<h1 align="center"> 💡Toward Effective Tool-Integrated Reasoning via
Self-Evolved Preference Learning</a></h1>


## 😃 Overview


**Tool-Light** is a framework focused on enabling models to efficiently complete TIR tasks. Tool-Light innovatively introduces the **Entropy-Guided Sampling Strategy** to construct the training set. Besides, it trains the model through the **Self-Evolved DPO Pipeline**. This design empowers the model to gradually acquire the ability to call tools efficiently and accurately. Results on two types of reasoning tasks demonstrate superior performance compared to traditional methods.

## 😋 Quick Start for Data Construction
### 1. Environment Setup

In this step, we should first operate SFT on Qwen2.5-7B-Instruct model. Please first set up the environment for [Llama Factory](https://github.com/hiyouga/LLaMA-Factory).

### 2. Conduct SFT on Qwen2.5-7B-Instruct

1. Download your SFT dataset from Tool-Star and place it in `LLaMA-Factory-main/data/final_sft_edition9.json`. Define the dataset in `dataset_info.json`.

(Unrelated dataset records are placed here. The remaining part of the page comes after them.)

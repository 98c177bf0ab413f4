-- ===== src/Client/Finishes.antt =====
-- What the client of client/client.go has done at any time, and when it finishes.
use hotstuff_repbased_leader.Prelude.{
  ℕ, zero, suc, ◌+◌, ◌≡◌, ◌≤◌, ◌<◌, inl, inr, refl, ap, sym, ◌∙◌, true, List, [], ◌∷◌, ◌++◌, arith,
  length, length-append, All, eq_of_==, Bool-cases, leb, leb→le,
}
use hotstuff_repbased_leader.CmdCache.{ClientCommand}
use hotstuff_repbased_leader.Client.{
  ReadResult, ReadError, no_error, eof, read_failed, Sender, at_loop, reading, pushing, ctx_ended,
  finished, failed_with_error, Handler, selecting, getting, returned, Client, max_uint64, new,
  Action, run, at_end,
}
use hotstuff_repbased_leader.Client.Windows.{held, offered, command, commands, window}
use hotstuff_repbased_leader.Client.Flow.{Flow}
use hotstuff_repbased_leader.Client.Runs.{run-Flow, run-num, new-Flow}

length-held : (h : Handler) → length (held h) ≤ 1
length-held selecting = omega arith
length-held (getting _) = omega arith
length-held returned = omega arith

length-offered : (s : Sender) → length (offered s) ≤ 1
length-offered at_loop = omega arith
length-offered reading = omega arith
length-offered (pushing _) = omega arith
length-offered ctx_ended = omega arith
length-offered finished = omega arith
length-offered failed_with_error = omega arith

length_zero : (bytes : List ℕ) → length bytes ≡ 0 → bytes ≡ []
length_zero [] h = refl
length_zero (x ∷ xs) h = absurd (omega (arith, h))

no_bytes :
    (e : ReadError) (bytes : List ℕ)
    → at_end (record { bytes = bytes; error = e }) ≡ true
    → bytes ≡ []
no_bytes no_error bytes h = absurd (ground arith)
no_bytes read_failed bytes h = absurd (ground arith)
no_bytes eof bytes h = length_zero bytes (eq_of_== (length bytes) 0 h)

module _ (input : ℕ → ReadResult) (id : ℕ) where
  -- The commands that came after the first `a`, the latest first.
  abbrev late : ℕ → ℕ → List ClientCommand
  late a zero = []
  late a (suc k) = command input id (a + k) ∷ late a k

  length-late : (a k : ℕ) → length (late a k) ≡ k
  length-late a zero = refl
  length-late a (suc k) = ap suc (length-late a k)

  length-window : (a k : ℕ) → length (window input id a k) ≡ k
  length-window a zero = refl
  length-window a (suc k) = ap suc (length-window (suc a) k)

  length-commands : (a : ℕ) → length (commands input id a) ≡ a
  length-commands zero = refl
  length-commands (suc a) = ap suc (length-commands a)

  commands-late : (a k s : ℕ) → s ≡ a + k → commands input id s ≡ late a k ++ commands input id a
  commands-late a zero s h = ap (commands input id) (omega (arith, h))
  commands-late a (suc k) zero h = absurd (omega (arith, h))
  commands-late a (suc k) (suc s) h =
      let same : s ≡ a + k = omega (arith, h) in rw (commands-late a k s same, same) refl

  module _ (m : ℕ) where
    -- The commands that are answered are the first ones sent, in their order; at most
    -- the channel's size and two more wait for an answer.
    pub record Progress (c : Client) : Type 0 where
      pub unanswered : List ClientCommand
      pub in_order : c.sent ≡ unanswered ++ c.answered
      pub few : length unanswered ≤ m + 2
      pub highest : c.highest_committed ≡ suc (length c.answered)
      pub counts : c.executed + c.failed ≤ length c.answered

    Flow-few : (c : Client) (f : Flow input id m c) → f.unsettled ≤ m + 2
    Flow-few c f = omega (
      arith,
      length-held c.handler,
      length-offered c.sender,
      f.buffered,
      length-window f.answers f.unsettled,
      ap length f.flight,
      length-append (held c.handler) (c.pending_cmds ++ offered c.sender),
      length-append c.pending_cmds (offered c.sender),
    )

    Flow-split :
        (c : Client) (f : Flow input id m c) → c.sent ≡ late f.answers f.unsettled ++ c.answered
    Flow-split c f =
        f.sent_lem
        ∙ commands-late f.answers f.unsettled f.total f.total_lem
        ∙ ap (λ cmds. late f.answers f.unsettled ++ cmds) (sym f.answered_lem)

    Flow-Progress : (c : Client) → Flow input id m c → Progress c
    Flow-Progress c f = record {
      unanswered = late f.answers f.unsettled;
      in_order = Flow-split c f;
      few = omega (arith, length-late f.answers f.unsettled, Flow-few c f);
      highest = omega (arith, f.highest, ap length f.answered_lem, length-commands f.answers);
      counts = omega (arith, f.counts, ap length f.answered_lem, length-commands f.answers);
    }

    -- In any interleaving that is not so long that the numbers wrap around, the answered commands
    -- are the first ones sent, in the order in which they were sent; at most two more than the
    -- channel holds wait for an answer; `highestCommitted` counts the answers, failed ones too; and
    -- no command is counted twice.
    pub run-Progress :
        (actions : List Action)
        → length actions + 3 < max_uint64
        → Progress (run input actions (new id m))
    unfolding new
    run-Progress actions short =
        Flow-Progress (run input actions (new id m))
          (run-Flow input id m actions (new id m) (omega (arith, short)) (new-Flow input id m))

  module _ (dry : (n : ℕ) → at_end (input n) ≡ true → at_end (input (suc n)) ≡ true) where
    still_dry : (l n : ℕ) → at_end (input l) ≡ true → l ≤ n → at_end (input n) ≡ true
    still_dry l zero end le = ap (λ i. at_end (input i)) (omega (arith, le)) ∙ end
    still_dry l (suc n) end le = elim (Bool-cases (leb l n)) [
      | inl before ↦ dry n (still_dry l n end (leb→le l n before))
      | inr now ↦ ap (λ i. at_end (input i)) (ground arith) ∙ end
    ]

    late_empty :
        (l a k : ℕ) → at_end (input l) ≡ true → l ≤ a → All (λ cmd. cmd.payload ≡ []) (late a k)
    late_empty l a zero end le = tt
    late_empty l a (suc k) end le =
        let read = input (a + k) in
        let ended = still_dry l (a + k) end (omega (arith, le)) in
        (no_bytes read.error read.bytes ended, late_empty l a k end le)

    Flow-done :
        (m : ℕ) (c : Client) (f : Flow input id m c)
        → c.sender ≡ finished
        → c.num < max_uint64
        → All (λ cmd. cmd.payload ≡ []) (late f.answers f.unsettled)
    Flow-done m c f is_done small =
        let reached : c.last_command ≤ c.highest_committed = elim f.done [
          | inl not_done ↦ absurd (not_done is_done)
          | inr reached ↦ reached
        ] in
        elim f.last [
          | inl unset ↦
              absurd (omega (arith, unset, reached, f.highest, f.total_lem, f.num_lem, small))
          | inr (l, below, same, end) ↦
              late_empty l f.answers f.unsettled end (omega (arith, same, reached, f.highest))
        ]

-- If the reader stays at its end once it has reached it, then in any interleaving that is not so long
-- that the numbers wrap around, a client that finishes has an answer for each command with bytes of
-- the input: what is still unanswered then are the latest commands sent, and they are empty.
pub run-finished :
    (input : ℕ → ReadResult) (id m : ℕ) (actions : List Action)
    → ((n : ℕ) → at_end (input n) ≡ true → at_end (input (suc n)) ≡ true)
    → length actions + 3 < max_uint64
    → (run input actions (new id m)).sender ≡ finished
    → (unanswered : List ClientCommand) × ((run input actions (new id m)).sent
        ≡ unanswered ++ (run input actions (new id m)).answered)
      × All (λ cmd. cmd.payload ≡ []) unanswered
unfolding new
run-finished input id m actions dry short is_done =
    let c = run input actions (new id m) in
    let f = run-Flow input id m actions (new id m) (omega (arith, short)) (new-Flow input id m) in
    let small = run-num input actions (new id m) in
    (
      late input id f.answers f.unsettled,
      Flow-split input id m c f,
      Flow-done input id dry m c f is_done (omega (arith, short, small)),
    )
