-- ===== src/Sizes/Intersections.antt =====
-- Counts of replicas, and the sizes of helper.go.
use hotstuff_repbased_leader.Prelude.{
  ℕ, zero, suc, ◌+◌, ◌*◌, ◌≡◌, ◌≤◌, ◌<◌, ◌⊎◌, ◌↔◌, Bool, true, false, arith, inl, inr, Bool-cases,
  if◌then◌else◌,
}
use hotstuff_repbased_leader.Sizes.{num_faulty, quorum_size}

-- How many of the replicas 1 to `n` pass a test.
abbrev pub count : (ℕ → Bool) → ℕ → ℕ
count p zero = 0
count p (suc n) = let rest = count p n in if p (suc n) then suc rest else rest

-- A replica that is in both sets and not faulty.
pub record Witness (p q faulty : ℕ → Bool) (n : ℕ) : Type 0 where
  pub id : ℕ
  pub positive : 0 < id
  pub within : id ≤ n
  pub in_p : p id ≡ true
  pub in_q : q id ≡ true
  pub correct : faulty id ≡ false

pub Witness-or_bound :
    (p q faulty : ℕ → Bool) (n : ℕ)
    → Witness p q faulty n ⊎ (count p n + count q n ≤ n + count faulty n)
Witness-or_bound p q faulty zero = inr (omega arith)
Witness-or_bound p q faulty (suc n) = elim (Witness-or_bound p q faulty n) [
  | inl w ↦ inl (record {
    id = w.id;
    positive = w.positive;
    within = omega arith;
    in_p = w.in_p;
    in_q = w.in_q;
    correct = w.correct;
  })
  | inr bound ↦ elim (Bool-cases (p (suc n))) [
    | inr not_p ↦ inr (ground arith)
    | inl in_p ↦ elim (Bool-cases (q (suc n))) [
      | inr not_q ↦ inr (ground arith)
      | inl in_q ↦ elim (Bool-cases (faulty (suc n))) [
        | inl bad ↦ inr (ground arith)
        | inr good ↦ inl (record {
          id = suc n;
          positive = omega arith;
          within = omega arith;
          in_p = in_p;
          in_q = in_q;
          correct = good;
        })
      ]
    ]
  ]
]

-- In any configuration that is not empty, two sets of the size of a quorum have a replica in
-- common that is not faulty, if no more replicas are faulty than the configuration tolerates.
pub quorum_intersection :
    (n : ℕ) (p q faulty : ℕ → Bool)
    → 0 < n
    → quorum_size n ≤ count p n
    → quorum_size n ≤ count q n
    → count faulty n ≤ num_faulty n
    → Witness p q faulty n
unfolding quorum_size
quorum_intersection n p q faulty pos hp hq hf = elim (Witness-or_bound p q faulty n) [
  | inl w ↦ w
  | inr bound ↦ absurd (omega arith)
]

-- The correct replicas alone make a quorum. The size is 2 f + 1, as its comment says, exactly if the
-- configuration has 3 f + 1 replicas; for the other sizes it is greater.
pub quorum_size_lem :
    (n : ℕ)
    → 0 < n
    → (quorum_size n + num_faulty n ≡ n)
      × (2 * num_faulty n + 1 ≤ quorum_size n)
      × ((quorum_size n ≡ 2 * num_faulty n + 1) ↔ (n ≡ 3 * num_faulty n + 1))
unfolding quorum_size
quorum_size_lem n pos = (omega arith, omega arith, (λ e. omega arith, λ e. omega arith))
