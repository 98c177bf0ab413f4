-- ===== src/Client/Replies.antt =====
-- The quorum calls of client/client.go, over the sizes of helper.go.
use hotstuff_repbased_leader.Prelude.{ℕ, zero, suc, ◌≡◌, ◌≤◌, refl, ap, true, Bool, inl, inr, arith}
use hotstuff_repbased_leader.Sizes.{num_faulty}
use hotstuff_repbased_leader.Sizes.Intersections.{count, Witness, Witness-or_bound}
use hotstuff_repbased_leader.Client.{exec_command_qf, calls_faulty}

count-all : (n : ℕ) → count (λ _. true) n ≡ n
count-all zero = refl
count-all (suc n) = ap suc (count-all n)

-- If no more replicas are faulty than the configuration tolerates, the call of a connected client is
-- answered only if a replica that is not faulty has replied.
pub exec_command_qf_lem :
    (n : ℕ) (replied faulty : ℕ → Bool)
    → count faulty n ≤ num_faulty n
    → exec_command_qf (calls_faulty n) (count replied n) ≡ true
    → Witness replied (λ _. true) faulty n
unfolding exec_command_qf calls_faulty
exec_command_qf_lem n replied faulty few answered =
    elim (Witness-or_bound replied (λ _. true) faulty n) [
      | inl w ↦ w
      | inr bound ↦ absurd (ground (arith, count-all n))
    ]
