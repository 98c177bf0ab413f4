-- ===== src/ClientSrv.antt =====
-- replica/clientsrv.go: the clients that wait for their commands. The channel of a waiting call is a
-- number, and a reply on it is `true` for success and `false` for the error of a fork. The digest of
-- the executed data is kept as the data written.
pub mod Replies
use hotstuff_repbased_leader.Prelude.{
  ℕ, Bool, true, false, ◌&&◌, Option, none, some, List, [], ◌∷◌, ◌==◌, if◌then◌else◌, length,
}
use hotstuff_repbased_leader.CmdCache.{ClientCommand, CmdCache, add_command}

pub record ClientSrv : Type 0 where
  pub awaiting_cmds : List ((ℕ × ℕ) × ℕ)
  pub cmd_cache : CmdCache
  pub hashed : List (List ℕ)
  -- replies sent, latest first
  pub replies : List (ℕ × Bool)
  -- the sizes of the commits reported to the metrics, latest first
  pub commit_events : List ℕ

abbrev pub id_eq : ℕ × ℕ → ℕ × ℕ → Bool
id_eq (c, n) (d, m) = c == d && n == m

unfoldable pub cmd_id : ClientCommand → ℕ × ℕ
cmd_id cmd = (cmd.client_id, cmd.sequence_number)

unfoldable pub find_awaiting : ℕ × ℕ → List ((ℕ × ℕ) × ℕ) → Option ℕ
find_awaiting id [] = none
find_awaiting id ((j, c) ∷ m) = if id_eq j id then some c else find_awaiting id m

unfoldable pub put_awaiting : ℕ × ℕ → ℕ → List ((ℕ × ℕ) × ℕ) → List ((ℕ × ℕ) × ℕ)
put_awaiting id c [] = (id, c) ∷ []
put_awaiting id c ((j, d) ∷ m) = if id_eq j id then (id, c) ∷ m else (j, d) ∷ put_awaiting id c m

unfoldable pub drop_awaiting : ℕ × ℕ → List ((ℕ × ℕ) × ℕ) → List ((ℕ × ℕ) × ℕ)
drop_awaiting id [] = []
drop_awaiting id ((j, c) ∷ m) =
    let rest = drop_awaiting id m in if id_eq j id then rest else (j, c) ∷ rest

-- `ExecCommand` up to the wait on the channel `c`.
unfoldable pub exec_command : ℕ → ClientCommand → ClientSrv → ClientSrv
unfolding put_awaiting cmd_id add_command
exec_command c cmd srv = record srv {
  awaiting_cmds = put_awaiting (cmd_id cmd) c srv.awaiting_cmds;
  cmd_cache = (add_command cmd srv.cmd_cache).0;
}

-- The reply to the client that waits for a command, if there is one.
unfoldable pub reply : Bool → ClientCommand → ClientSrv → ClientSrv
unfolding find_awaiting drop_awaiting cmd_id
reply success cmd srv = elim (find_awaiting (cmd_id cmd) srv.awaiting_cmds) [
  | none ↦ srv
  | some c ↦ record srv {
    replies = (c, success) ∷ srv.replies;
    awaiting_cmds = drop_awaiting (cmd_id cmd) srv.awaiting_cmds;
  }
]

unfoldable pub exec_all : List ClientCommand → ClientSrv → ClientSrv
unfolding reply
exec_all [] srv = srv
exec_all (cmd ∷ cmds) srv =
    exec_all cmds (reply true cmd (record srv { hashed = cmd.payload ∷ srv.hashed }))

unfoldable pub fork_all : List ClientCommand → ClientSrv → ClientSrv
unfolding reply
fork_all [] srv = srv
fork_all (cmd ∷ cmds) srv = fork_all cmds (reply false cmd srv)

module _ (unmarshal : List ℕ → Option (List ClientCommand)) where
  unfoldable pub exec : List ℕ → ClientSrv → ClientSrv
  unfolding exec_all
  exec cmd srv = elim (unmarshal cmd) [
    | none ↦ srv
    | some batch ↦ exec_all batch (record srv { commit_events = length batch ∷ srv.commit_events })
  ]

  unfoldable pub fork : List ℕ → ClientSrv → ClientSrv
  unfolding fork_all
  fork cmd srv = elim (unmarshal cmd) [ none ↦ srv | some batch ↦ fork_all batch srv ]
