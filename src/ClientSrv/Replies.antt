-- ===== src/ClientSrv/Replies.antt =====
-- Which clients hear of a batch (replica/clientsrv.go).
use hotstuff_repbased_leader.Prelude.{
  ℕ, ◌≡◌, refl, Bool, true, false, not, ◌&&◌, none, List, [], ◌∷◌, arith, ◌==◌, if◌then◌else◌,
  Option-cases, inl, inr,
}
use hotstuff_repbased_leader.CmdCache.{ClientCommand}
use hotstuff_repbased_leader.ClientSrv.{
  ClientSrv, id_eq, cmd_id, find_awaiting, drop_awaiting, reply, fork_all,
}

-- Does a batch hold a command of the client and the sequence number?
abbrev pub has_id : ℕ × ℕ → List ClientCommand → Bool
has_id id [] = false
has_id (client, number) (cmd ∷ cmds) =
    if cmd.client_id == client && cmd.sequence_number == number
    then true
    else has_id (client, number) cmds

find-drop_awaiting :
    (id j : ℕ × ℕ) (m : List ((ℕ × ℕ) × ℕ))
    → find_awaiting j (drop_awaiting id m) ≡ (if id_eq id j then none else find_awaiting j m)
unfolding find_awaiting drop_awaiting
find-drop_awaiting (a, b) (c, d) [] = ground arith
find-drop_awaiting (a, b) (c, d) (((e, f), n) ∷ m) =
    ground (arith, find-drop_awaiting (a, b) (c, d) m)

find_same :
    (i j : ℕ × ℕ) (m : List ((ℕ × ℕ) × ℕ))
    → id_eq i j ≡ true
    → find_awaiting i m ≡ find_awaiting j m
unfolding find_awaiting
find_same (a, b) (c, d) [] same = refl
find_same (a, b) (c, d) (((e, f), n) ∷ m) same = ground (arith, find_same (a, b) (c, d) m)

reply-find :
    (success : Bool) (cmd : ClientCommand) (srv : ClientSrv) (j : ℕ × ℕ)
    → find_awaiting j (reply success cmd srv).awaiting_cmds
      ≡ (if id_eq (cmd_id cmd) j then none else find_awaiting j srv.awaiting_cmds)
unfolding reply
reply-find success cmd srv j = elim (Option-cases (find_awaiting (cmd_id cmd) srv.awaiting_cmds)) [
  | inl nobody ↦ ground (arith, find_same (cmd_id cmd) j srv.awaiting_cmds)
  | inr (c, waits) ↦ ground (arith, find-drop_awaiting (cmd_id cmd) j srv.awaiting_cmds)
]

fork_all-find :
    (cmds : List ClientCommand) (srv : ClientSrv) (j : ℕ × ℕ)
    → find_awaiting j (fork_all cmds srv).awaiting_cmds
      ≡ (if has_id j cmds then none else find_awaiting j srv.awaiting_cmds)
unfolding fork_all cmd_id
fork_all-find [] srv j = refl
fork_all-find (cmd ∷ cmds) srv j =
    ground (arith, fork_all-find cmds (reply false cmd srv) j, reply-find false cmd srv j)

-- Whether a reply was sent on a channel.
abbrev pub replied : ℕ → Bool → List (ℕ × Bool) → Bool
replied c success [] = false
replied c true ((d, b) ∷ rs) = if d == c && b then true else replied c true rs
replied c false ((d, b) ∷ rs) = if d == c && not b then true else replied c false rs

2. In `LLaMA-Factory-main/examples/train_full/llama_factory.sh`, execute the code for model SFT.
### 3. Inference Environment Setup
First, configure the required environment.
### 4. Use SFT Model to Select Source Datas
Use the SFT model to directly perform inference on `LLaMA-Factory-main/data/final_sft_edition9.json`, and screen out the data sources for DPO training. 
### 5. Use Two Strategies to Sample Datas
Based on the data sources you've screened out, use the SFT model for sampling.

You should conduct two types of sampling. Codes are in `entropy_guided_sample/vanilla_sample.py` and `entropy_guided_sample/entropy_guided_sample.py`, respectively.
### 6. Construct Positive-Negative Examples According to Criteria
For Pre-Aligned DPO and Self-Evolved On-Policy DPO parts, we design different criteria for screening positive-negative examples. You can refer to the description in the paper, and then construct the training set for the two types of sampled data.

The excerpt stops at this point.